How to deal with a toxic mother

HEALTH
By Esther Muchene | Dec 21, 2025
How to deal with a toxic mother

If recent TikTok videos about toxic mothers are anything to go by, many people are suffering in silence. But should we keep mum on this issue simply because we don’t want to hurt mum?

The maternal bond is traditionally viewed as the ultimate source of nurturance. Yet for some, this relationship is characterised by patterns of psychological control, manipulation, entitlement, and repeated boundary violations.

Such a mother often operates from a position where her own needs, emotions, and public image take precedence over her child’s autonomy.

Identifying this selfish dynamic requires looking beyond occasional conflict and recognising a persistent cycle of behaviour in which the mother views her child not as an independent individual — even in adulthood — but as an extension of herself or a tool for her own emotional regulation and control.

Common indicators of a toxic mother include parentification, where the child is forced to act as the mother’s emotional caregiver, and gaslighting, where there is systematic manipulation of the child’s perception of reality to maintain dominance.

A clear example of this dynamic occurs when a mother uses emotional blackmail to sabotage her own child’s external successes. Consider a daughter who receives a promotion or gets married and needs to relocate.

An entitled mother may respond not with pride, but by feigning a health crisis or accusing the daughter of “abandoning” the family.

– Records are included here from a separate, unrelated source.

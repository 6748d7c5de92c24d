-- ===== src/Transport/Router/Throws.antt =====
-- The loop `for (const cb of this._eventListeners) cb(evt);` when callbacks may throw.
use cuttle_db.Prelude.{
  ℕ, Bool, true, false, List, [], ◌∷◌, ◌++◌, map, ◌≡◌, refl, if◌then◌else◌, All,
}
use cuttle_db.Transport.Router.{Event}

-- The parameter tells which callbacks throw. The calls that the loop makes, in order, and whether it ends
-- by throwing.
unfoldable pub notify : (ℕ → Bool) → Event → List ℕ → List (ℕ × Event) × Bool
notify throws evt [] = ([], false)
notify throws evt (cb ∷ cbs) =
    let (calls, thrown) = notify throws evt cbs in
    if throws cb then ((cb, evt) ∷ [], true) else ((cb, evt) ∷ calls, thrown)

module _ (throws : ℕ → Bool) (evt : Event) where
  pub notify-calm :
      (cbs : List ℕ)
      → All (λ cb. throws cb ≡ false) cbs
      → notify throws evt cbs ≡ (map (λ (cb : ℕ). (cb, evt)) cbs, false)
  unfolding notify
  notify-calm [] h = refl
  notify-calm (cb ∷ cbs) h = rw (h.0, notify-calm cbs h.1)

  pub notify-stops :
      (before : List ℕ) (cb : ℕ) (after : List ℕ)
      → All (λ c. throws c ≡ false) before
      → throws cb ≡ true
      → notify throws evt (before ++ cb ∷ after)
        ≡ (map (λ (c : ℕ). (c, evt)) (before ++ cb ∷ []), true)
  unfolding notify
  notify-stops [] cb after h e = rw e
  notify-stops (c ∷ before) cb after h e = rw (h.0, notify-stops before cb after h.1 e)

This creates a double bind in which the child experiences profound guilt for achieving what should be a healthy life milestone.

Another common pattern is the mother who has perfected the role of the “professional victim,” perpetually centring her own struggles to deflect accountability for her harmful behaviour.

The impact on the adult child is often a chronic state of hypervigilance, a constant, exhausting monitoring of the mother’s mood shifts, which can lead to complex post-traumatic stress, low self-worth, and a deep inability to trust one’s own intuition.

The psychological cost of such entitlement is what Dr Karyl McBride, a leading expert on maternal narcissism, describes as a legacy of distorted love — one that teaches the child their value is conditional upon compliance.

Over time, this erodes executive functioning, as mental energy is redirected toward managing the mother’s volatility rather than supporting personal growth.

As a result, the adult child may develop fawning responses in other relationships, overextending themselves to avoid perceived conflict and unconsciously recreating the toxic maternal dynamic in both professional and romantic spaces.

Addressing this situation requires a shift away from seeking maternal approval and toward developing what is known as a differentiated sense of self.

The first step is accepting that your parent may never have the capacity for empathy or self-reflection.

Responding to toxic behaviour may involve adopting a technique in which the individual becomes deliberately uninteresting and non-responsive to provocations, effectively starving the entitlement of the emotional “supply” it seeks.

Establishing firm, non-negotiable boundaries is also essential. Difficult as it may be, this can include limiting contact or clearly stating that certain topics are off-limits.

Ultimately, true healing involves reparenting oneself, preferably with the support of a trauma-informed professional, to dismantle the internalised voice of the entitled mother and replace it with a narrative rooted in self-compassion and autonomy.